Thank you I will search this training process. We yelp at her when she bites but then she gets more excited. We pin her on her side, to show were dominant? does not work. i thought the spray bottle may work, but then thought it would just make her afraid of spray bottles. She is not aggressive but she does do damage with her biting for sure. we only got her a month ago and have tried everything to show her that her biting is unnacceptable but everything weve tried only seems to fuel her flames.


----------



## Lucy Dog

Ohh... you yelp at her. I thought you meant you pinned her down and made her yelp. Either way, it's not really a good way to train her out of this. It just doesn't work.

Forget the alpha rolling... it's nonsense. It proves nothing to your dog. You want your pup to think you're dominant? Be a fair and consistent training and I'm sure that's all you'll need to prove "dominance". Plus this really isn't even a dominance issue... it's a puppy who thinking nipping is acceptable behavior issue.

And when doing this redirection training... make sure to always be consistent. When the dog starts to nip, you redirect immediately. Don't even let her nip for a second. You need to make that toy fun. Make it a game of tug if you have to. Make that toy more fun than a boring arm or ankle.

Also, what kind of daily exercise and training is she getting? She might just have some energy to burn if she isn't getting enough. It's not going to solve this issue, but can help in the process of training.

Here's a good thread you may want to check out: http://www.germanshepherds.com/forum/training-our-puppy-basic/134407-teaching-bite-inhibition.html


----------



## Emoore

marinehoney said:


> We pin her on her side, to show were dominant? does not work. i thought the spray bottle may work, but then thought it would just make her afraid of spray bottles.

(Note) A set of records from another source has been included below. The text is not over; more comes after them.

-- ===== src/Gate/Postgres/Refinement.antt =====
-- internal/application/gate/postgres_repository.go against repository.go and audit.go: an audited
-- transition of the database, and the same transition of the memory stores.
use keelmesh.Prelude.{
  ℕ, String, Bool, true, false, not, ◌≡◌, inl, inr, refl, sym, ap, ◌∙◌, subst, Option, none, some,
  ◌==◌, if_cases, option_cases, result_cases, read_cases, Option-cases, [], lookup, eq_iff, ok,
  Error, arith,
}
use keelmesh.Gate.Types.{TaskRecord, AuditEvent}
use keelmesh.Gate.Memory.{Outside, Memory}
use keelmesh.Gate.Service.{plain_event}
use keelmesh.Gate.Local.{stored, logged, local_transition}
use keelmesh.Gate.Postgres.{
  Codec, Sql, row_of, dated, wrapped, answered, finish_tx, write_transition, transition_locked,
  transition_and_audit, insert_audit_tx, enqueue_in_tx,
}
use keelmesh.Gate.Postgres.Laws.{SqlLaws, Shows}
use keelmesh.Gate.Postgres.Written.{wrapped_ok, and_then_ok, state_of?, Holds-state, written}

module _ {W : Type 0} {sql : Sql W} (codec : Codec) (laws : SqlLaws W sql) (uuid : String) (now : ℕ)
    (o : Outside) (w : W) (m : Memory) (shows : Shows codec laws w m) (id : String)
    (task : TaskRecord) (event : AuditEvent) where
  -- The two answers agree: whether the transition was applied, and what is stored then.
  abbrev pub Agree : W × Bool × Option Error → Memory × Bool × Option Error → Type 0
  Agree res res' = (res.1 ≡ res'.1) × Shows codec laws res.0 res'.0

  abbrev Agrees : String → W × Bool × Option Error → Type 0
  Agrees expected res = res.2 ≡ none → Agree res (local_transition o m id expected task event)

  commit_answered :
      (tx : W) (commit_text : String) (res : W × Option Error)
      → (res.1 ≡ none → res.0 ≡ tx)
      → (answered (wrapped commit_text [] res)).2 ≡ none
      → ((answered (wrapped commit_text [] res)).1 ≡ true)
        × ((answered (wrapped commit_text [] res)).0 ≡ tx)
  commit_answered tx commit_text (w', none) done e = (refl, done refl)
  commit_answered tx commit_text (w', some failure) done e = absurd (ground (arith, e))

  finish_answered :
      (commit_text : String) (res : W × Option Error)
      → (answered (finish_tx codec sql uuid now w res commit_text)).2 ≡ none
      → (tx : W) × (res ≡ (tx, none))
        × ((answered (finish_tx codec sql uuid now w res commit_text)).1 ≡ true)
        × ((answered (finish_tx codec sql uuid now w res commit_text)).0 ≡ tx)
  finish_answered commit_text (tx, none) e =
      let (applied, same) =
        commit_answered tx commit_text (sql.commit w tx) (laws.commit_ok w tx) e in
      (tx, refl, applied, same)
  finish_answered commit_text (tx, some failure) e = absurd (ground (arith, e))

  -- Without a delivery, the writes of a transition that succeed are the two statements.
  write_ok :
      (text : String) (tx : W)
      → write_transition codec sql uuid now w id (row_of text task) event none ≡ (tx, none)
      → let updated = sql.update_task w id (row_of text task) in
        (updated.1 ≡ none)
        × ((sql.insert_audit updated.0 (dated uuid now event)).1 ≡ none)
        × ((sql.insert_audit updated.0 (dated uuid now event)).0 ≡ tx)
  unfolding write_transition insert_audit_tx
  write_ok text tx e =
      let updated = sql.update_task w id (row_of text task) in
      let (mid, first, last) = and_then_ok _ (enqueue_in_tx codec sql uuid now none) tx e in
      let (u, one, two) =
        and_then_ok (wrapped "gatecore: write audited transition: %w" [] updated) _ mid first in
      let (fine, same) = wrapped_ok "gatecore: write audited transition: %w" [] updated u one in
      let two' =
        subst (λ v. insert_audit_tx codec sql uuid now v event ≡ (mid, none)) (sym same) two in
      let (fine', same') =
        wrapped_ok "gatecore: insert audit in task transaction: %w" []
          (sql.insert_audit updated.0 (dated uuid now event)) mid two' in
      (fine, fine', same' ∙ ap (λ r. r.0) last)

  local_applied :
      (expected : String) (old : TaskRecord)
      → lookup id m.tasks ≡ some old
      → old.state ≡ expected
      → local_transition o m id expected task event
        ≡ (logged o (stored m id task) (plain_event event), true, none)
  unfolding local_transition
  local_applied expected old found same = ground (arith, found, same, eq_iff old.state expected)

  local_refused :
      (expected : String) (old : TaskRecord)
      → lookup id m.tasks ≡ some old
      → (old.state == expected) ≡ false
      → local_transition o m id expected task event ≡ (m, false, none)
  unfolding local_transition
  local_refused expected old found other = ground (arith, found, other)

  local_missing :
      (expected : String)
      → lookup id m.tasks ≡ none
      → local_transition o m id expected task event ≡ (m, false, none)
  unfolding local_transition
  local_missing expected missing = ground (arith, missing)

  -- What the selected state says of the stored task.
  selected :
      (state : Option String)
      → sql.select_state w id ≡ ok state
      → state ≡ state_of? (lookup id m.tasks)
  selected state e =
      laws.select_state_ok w id state e
      ∙ Holds-state codec (laws.row w id) (lookup id m.tasks) (shows.rows id)

  selected_none : sql.select_state w id ≡ ok none → lookup id m.tasks ≡ none
  selected_none e = elim (Option-cases (lookup id m.tasks)) [
    | inl missing ↦ missing
    | inr (old, found) ↦ absurd (ground (arith, selected none e, found))
  ]

  selected_some :
      (state : String)
      → sql.select_state w id ≡ ok (some state)
      → (old : TaskRecord) × (lookup id m.tasks ≡ some old) × (old.state ≡ state)
  selected_some state e = elim (Option-cases (lookup id m.tasks)) [
    | inl missing ↦ absurd (ground (arith, selected (some state) e, missing))
    | inr (old, found) ↦ (old, found, ground (arith, selected (some state) e, found))
  ]

  applied-Agrees :
      (text expected : String) (old : TaskRecord)
      → codec.marshal task.metadata ≡ ok text
      → lookup id m.tasks ≡ some old
      → old.state ≡ expected
      → Agrees expected (
          answered (
            finish_tx codec sql uuid now w
              (write_transition codec sql uuid now w id (row_of text task) event none)
              "gatecore: commit audited transition: %w"))
  applied-Agrees text expected old encoded found same e =
      let res = write_transition codec sql uuid now w id (row_of text task) event none in
      let (tx, wrote, applied, left) =
        finish_answered "gatecore: commit audited transition: %w" res e in
      let (updated, inserted, end) = write_ok text tx wrote in
      let shown =
        written codec laws uuid now o w m shows id task event text encoded old found updated
          inserted in
      let local = local_applied expected old found same in
      (
        applied ∙ sym (ap (λ r. r.1) local),
        subst (λ n. Shows codec laws n (local_transition o m id expected task event).0)
            (end ∙ sym left) (subst (Shows codec laws _) (sym (ap (λ r. r.0) local)) shown),
      )

  refused-Agrees :
      (expected : String)
      → local_transition o m id expected task event ≡ (m, false, none)
      → Agrees expected (w, false, none)
  refused-Agrees expected local e =
      (sym (ap (λ r. r.1) local), subst (Shows codec laws w) (sym (ap (λ r. r.0) local)) shows)

  locked-Agrees :
      (text expected : String)
      → codec.marshal task.metadata ≡ ok text
      → Agrees expected
          (transition_locked codec sql uuid now w id expected (row_of text task) event none)
  unfolding transition_locked
  locked-Agrees text expected encoded =
      read_cases (Agrees expected) (sql.select_state w id) (λ _ _ e. absurd (ground (arith, e)))
        (λ read. refused-Agrees expected (local_missing expected (selected_none read)))
        λ state read.
          let (old, found, same) = selected_some state read in
          if_cases (Agrees expected) (not (state == expected))
            (λ other.
              refused-Agrees expected
                (local_refused expected old found (ground (arith, other, same))))
            λ equal.
              applied-Agrees text expected old encoded found
                (same ∙ (eq_iff state expected).0 (ground (arith, equal)))

  -- The Postgres repository implements the memory stores: where the database shows what the memory
  -- stores, and the statements have their documented effect, then an audited transition without a
  -- delivery that reports no error answers as the transition of the memory does, and afterwards the
  -- database shows what the memory stores then: the same records, and the same audit trails but for
  -- the events' ids and dates.
  pub transition_and_audit-Agrees :
      (expected : String)
      → (transition_and_audit codec sql uuid now w id expected task event none).2 ≡ none
      → Agree
          (transition_and_audit codec sql uuid now w id expected task event none)
          (local_transition o m id expected task event)
  unfolding transition_and_audit
  transition_and_audit-Agrees expected =
      result_cases (Agrees expected) (codec.marshal task.metadata)
        (λ _ _ e. absurd (ground (arith, e)))
        λ text encoded.
          option_cases (Agrees expected) (sql.begin w)
            (λ _.
              option_cases (Agrees expected) (sql.lock w id)
                (λ _. locked-Agrees text expected encoded) λ _ _ e. absurd (ground (arith, e)))
            λ _ _ e. absurd (ground (arith, e))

Pinning on the side is a bad idea. You're going to make her afraid of _you._ Please don't do this. Redirect, redirect, redirect. Preferably do something squeaky. You notice yelping excites her and makes her bite more? A squeaky will make her want to bite it.


----------



## marinehoney

She does have this squeaky toy and when she squeaks it she whines with it, its funny. We are always playing on the floor with her and she runs all over us and jumps in our laps and is just way rough. How can we keep her from doing this as well when were trying to play with her? Well stop pinning her down, its just something i thought id try since i saw it on a tv show and it seemed to work. Thank you for clarifying our problem, she isnt tryint to assert dominance, shes just playfully biting. She gets to go outside whenever she wants, we play with her throughout the day with balls and rope, she gets daily walks (about 20 minutes) i was thinking id up the time on our walks or do runs instead?


----------



## Lucy Dog

Remember... now that you're trying to train her out of this puppy biting, make sure to never allow her to do it again. You have to be very consistent. I understand that sometimes it's cute and fun to wrestle around with a puppy, but you're only going to confuse her if you allow it even once in a while.

Always have a toy ready and never allow the puppy biting again. For now on, she only chews on her toys, no arms.


----------



## Emoore

marinehoney said:


> We are always playing on the floor with her and she runs all over us and jumps in our laps and is just way rough. How can we keep her from doing this as well when were trying to play with her?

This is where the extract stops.